Тем же вечером пришли на площадь вои с приказом посадить дерзкого скомороха в поруб. Но скоморошья телега уже исчезла: Радко знал, что за такие дерзости не одаривают собольей шубой. К утру он был далеко от Торжка.
Днем передвигаться по дорогам было опасно, и Радко забивался в лесную глушь. Здесь, под соснами, он разводил огонь и варил в горшке сочевицу, а иногда борщ с морковью. Борща и моркови в телеге у него был целый мешок – ешь, не хочу. А где раздобыть мяса? Мясо им подавали в деревнях. Но теперь в деревни Радко не сворачивал, опасаясь тиунов.

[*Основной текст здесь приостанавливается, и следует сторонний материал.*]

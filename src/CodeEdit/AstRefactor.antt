-- ===== src/CodeEdit/AstRefactor.antt =====
-- code_edit/ast_refactor.py: a name replaced in the syntax tree of a file, and lines of a file moved into
-- a new function. The numbers of lines are natural numbers.
use plugin_baselithbot.Text.{is_empty, strip}
use plugin_baselithbot.Lists.{length, drop, contains, keep}
use plugin_baselithbot.Common.{
  ℕ, suc, ◌-◌, String, Bool, true, false, not, ◌&&◌, ◌||◌, Option, none, some, List, [], ◌∷◌, ◌++◌,
  map, ◌==◌, ltb, leb, eqb, if◌then◌else◌,
}
use Prim.Native.Char.{code}
use plugin_baselithbot.Strings.{joined, after_prefix}
use plugin_baselithbot.Security.Redaction.{is_alnum}
use plugin_baselithbot.CodeEdit.Lines.{splitlines, join, take}
use plugin_baselithbot.CodeEdit.Patcher.{end_last}
use plugin_baselithbot.ComputerUse.Config.{ComputerUseError}
use plugin_baselithbot.ComputerUse.Paths.{Host, sorted}
use plugin_baselithbot.ComputerUse.Filesystem.{
  ScopedFileSystem, Result, ok, refused, raised, WriteResult, read, write,
}

-- The tables of Unicode: str.isidentifier, and \w of `re` for a code point above ASCII.
pub record Unicode : Type 0 where
  pub is_identifier : String → Bool
  pub is_word : ℕ → Bool

-- libcst: the parser of modules, which may raise a `ParserSyntaxError`, the identifiers of the Name nodes
-- in the order of a visit, the tree with each of them changed, and its code.
pub record Libcst : Type 1 where
  pub Module : Type 0
  pub parse_module : String → Option Module
  pub names : Module → List String
  pub change_names : (String → String) → Module → Module
  pub code_of : Module → String

-- What the operations raise: the `ASTRefactorError`s, the error of the parser, and those of the file
-- system.
pub data RefactorError : Type 0 where
  no_identifier no_libcst syntax reversed empty_block : RefactorError
  out_of_bounds : ℕ → RefactorError
  refusal : ComputerUseError → RefactorError
  host_error : String → RefactorError

pub data RefactorAnswer : Type 0 where
  renamed : ℕ → ℕ → RefactorAnswer
  extracted : List String → ℕ → RefactorAnswer
  failed : RefactorError → RefactorAnswer

-- leave_Name
abbrev pub rename : String → String → String → String
rename old_name new_name value = if value == old_name then new_name else value

unfoldable pub count_name : String → List String → ℕ
count_name name [] = 0
count_name name (n ∷ ns) = if n == name then suc (count_name name ns) else count_name name ns

abbrev pub python_builtins : List String
python_builtins =
    "True" ∷ "False" ∷ "None" ∷ "and" ∷ "or" ∷ "not" ∷ "in" ∷ "is" ∷ "if" ∷ "else" ∷ "elif" ∷ "for"
    ∷ "while" ∷ "try" ∷ "except" ∷ "finally" ∷ "with" ∷ "as" ∷ "def" ∷ "class" ∷ "return" ∷ "yield"
    ∷ "import" ∷ "from" ∷ "raise" ∷ "pass" ∷ "break" ∷ "continue" ∷ "lambda" ∷ "global" ∷ "nonlocal"
    ∷ "self" ∷ "cls" ∷ "print" ∷ "len" ∷ "range" ∷ "int" ∷ "str" ∷ "float" ∷ "bool" ∷ "list"
    ∷ "dict" ∷ "set" ∷ "tuple" ∷ "type" ∷ "isinstance" ∷ "open" ∷ "min" ∷ "max" ∷ "sum" ∷ "abs"
    ∷ "any" ∷ "all" ∷ "enumerate" ∷ "zip" ∷ "sorted" ∷ "reversed" ∷ "map" ∷ "filter" ∷ []

-- [a-zA-Z0-9_]
abbrev pub is_name_char : ℕ → Bool
is_name_char c = is_alnum c || eqb c b'_'

unfoldable pub all_name_chars : String → Bool
all_name_chars String.[] = true
all_name_chars (String.◌∷◌ c s) = is_name_char (code c) && all_name_chars s

-- [a-zA-Z_][a-zA-Z0-9_]*, as a whole
unfoldable pub is_name : String → Bool
unfolding all_name_chars
is_name String.[] = false
is_name (String.◌∷◌ c s) =
    is_name_char (code c) && not (leb b'0' (code c) && leb (code c) b'9') && all_name_chars s

-- The longest runs of characters of words: the one that a text begins with, which may be empty, and the
-- others. A match between two \b is one whole run.
unfoldable pub runs_from : (ℕ → Bool) → String → String × List String
runs_from is_word String.[] = ("", [])
runs_from is_word (String.◌∷◌ c s) =
    let (run, rest) = runs_from is_word s in
    if is_name_char (code c) || (leb 128 (code c) && is_word (code c))
    then (String.◌∷◌ c run, rest)
    else ("", if is_empty run then rest else run ∷ rest)

unfoldable pub find_names : (ℕ → Bool) → String → List String
unfolding runs_from is_name
find_names is_word s =
    let (run, rest) = runs_from is_word s in
    keep is_name (if is_empty run then rest else run ∷ rest)

-- set(...), whose order does not matter, as it is sorted
unfoldable pub distinct : List String → List String
unfolding contains
distinct [] = []
distinct (n ∷ ns) = let rest = distinct ns in if contains n rest then rest else n ∷ rest

unfoldable pub identifiers_of : (ℕ → Bool) → String → List String
unfolding find_names distinct sorted contains
identifiers_of is_word body =
    sorted (keep (λ n. not (contains n python_builtins)) (distinct (find_names is_word body)))

-- ", ".join(names)
unfoldable pub comma_joined : List String → String
unfolding joined
comma_joined [] = ""
comma_joined (n ∷ []) = n
comma_joined (n ∷ m ∷ ns) = joined n (joined ", " (comma_joined (m ∷ ns)))

-- re.match(r"[ \t]*", line).group(0)
unfoldable pub indent_of : String → String
indent_of String.[] = ""
indent_of (String.◌∷◌ c s) =
    if eqb (code c) 32 || eqb (code c) 9 then String.◌∷◌ c (indent_of s) else ""

abbrev pub dedented : String → String → String
unfolding after_prefix
dedented indent line = elim (after_prefix indent line) [ none ↦ line | some rest ↦ rest ]

abbrev pub indented : String → String
unfolding joined strip
indented line = if is_empty (strip line) then line else joined "    " line

-- The lines of the new function, with the empty line behind it.
unfoldable pub helper_lines : String → String → String → List String
unfolding joined splitlines end_last
helper_lines new_name params body =
    end_last (
      joined "def " (joined new_name (joined "(" (joined params "):\n")))
      ∷ map indented (splitlines body))
    ++ "\n" ∷ []

-- The new lines of the file, and the parameters.
unfoldable pub extracted_lines :
    (ℕ → Bool) → List String → ℕ → ℕ → String → Option (List String × List String)
unfolding take indent_of join identifiers_of comma_joined helper_lines joined
extracted_lines is_word lines start_line end_line new_name =
    elim (drop (start_line - 1) (take end_line lines)) [
      | [] ↦ none
      | line ∷ block ↦
          let indent = indent_of line in
          let body = join (map (dedented indent) (line ∷ block)) in
          let identifiers = identifiers_of is_word body in
          let params = comma_joined identifiers in
          let call = joined indent (joined new_name (joined "(" (joined params ")\n"))) in
          some (
            helper_lines new_name params body
                ++ take (start_line - 1) lines
                ++ call ∷ drop end_line lines,
            identifiers,
          )
    ]

module _ (H : Host) where
  -- The end of both operations: the answer for a write.
  unfoldable pub written_as :
      (ℕ → RefactorAnswer)
      → ScopedFileSystem H × Result WriteResult
      → ScopedFileSystem H × RefactorAnswer
  written_as answer (g, ok w) = (g, answer w.bytes_written)
  written_as answer (g, refused e) = (g, failed (refusal e))
  written_as answer (g, raised name) = (g, failed (host_error name))

  -- `libcst` is none where the package is not installed.
  unfoldable pub rename_symbol :
      Unicode
      → Option Libcst
      → String
      → String
      → String
      → ScopedFileSystem H
      → ℕ
      → ScopedFileSystem H × RefactorAnswer
  unfolding read write written_as count_name
  rename_symbol unicode libcst path old_name new_name f now =
      if not (unicode.is_identifier old_name) || not (unicode.is_identifier new_name)
      then (f, failed no_identifier)
      else elim libcst [
        | none ↦ (f, failed no_libcst)
        | some cst ↦
            let (g, current) = read H f path now in
            elim current [
              | refused e ↦ (g, failed (refusal e))
              | raised name ↦ (g, failed (host_error name))
              | ok r ↦ elim (cst.parse_module r.content) [
                | none ↦ (g, failed syntax)
                | some tree ↦ written_as (renamed (count_name old_name (cst.names tree))) (
                    write H g path (cst.code_of (cst.change_names (rename old_name new_name) tree))
                      now)
              ]
            ]
      ]

  unfoldable pub extract_lines :
      Unicode
      → String
      → ℕ
      → ℕ
      → String
      → ScopedFileSystem H
      → String
      → ℕ
      → ScopedFileSystem H × RefactorAnswer
  unfolding write written_as splitlines extracted_lines join
  extract_lines unicode path start_line end_line new_name f content now =
      let lines = splitlines content in
      if ltb start_line 1 || ltb (length lines) end_line
      then (f, failed (out_of_bounds (length lines)))
      else elim (extracted_lines unicode.is_word lines start_line end_line new_name) [
        | none ↦ (f, failed empty_block)
        | some (new_lines, identifiers) ↦
            written_as (extracted identifiers) (write H f path (join new_lines) now)
      ]

  unfoldable pub extract_function :
      Unicode
      → String
      → ℕ
      → ℕ
      → String
      → ScopedFileSystem H
      → ℕ
      → ScopedFileSystem H × RefactorAnswer
  unfolding read extract_lines
  extract_function unicode path start_line end_line new_name f now =
      if not (unicode.is_identifier new_name)
      then (f, failed no_identifier)
      else if ltb end_line start_line
      then (f, failed reversed)
      else let (g, current) = read H f path now in
        elim current [
          | refused e ↦ (g, failed (refusal e))
          | raised name ↦ (g, failed (host_error name))
          | ok r ↦ extract_lines unicode path start_line end_line new_name g r.content now
        ]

Только въехав в пределы Ростово-Суздальской земли, он вздохнул облегченно. Здесь они были почти дома.
Однако в первом же селе едва не стряслась беда. Только-только показались они на околице, как их окружили мужики. Телегу остановили, Радка сбросили на землю, связали и оттащили на обочину. Маркела и Карпушу вязать не стали – приставили к ним сторожей с шелепугами.
– Попались, тати! – радовались мужики.– А ну, вилами их!
Так бы и прибили, толком не разобравшись, да выручил оказавшийся поблизости старик.
– Ликом-то они вроде бы на тех-то не похожи.– И рассказал, как проходившие селом скоморохи шарили по избам, а ворованное складывали в снятые с веревок бабьи рубахи и тащили со дворов на свои возы. Тем временем другие развлекали песнями доверчивых мужиков. Один из них уж больно ловкий был. По описанию Радко признал в нем Нерадца.
«Неужто жив? – удивился он.– Неужто носит еще его земля?»
Старик был прав, низкий поклон ему. В селе, куда их привели, все выяснилось. Приметливые бабы ни в Радке, ни в Маркеле не признали шустрого музыканта. А уж Карпуша и вовсе не походил на грабителя. Кончилось тем, что скоморохов накормили кашей и отпустили с миром.
Встречаться с Нерадцем у Радка не было никакой охоты. А встречи, видно, не миновать. Запомнил его Нерадец, не мог не запомнить. Когда отбивали у него Аленку у Неглинной, Радко столкнулся с ним лицом к лицу. Запали скомороху в сердце бешенством скошенные глаза атамана.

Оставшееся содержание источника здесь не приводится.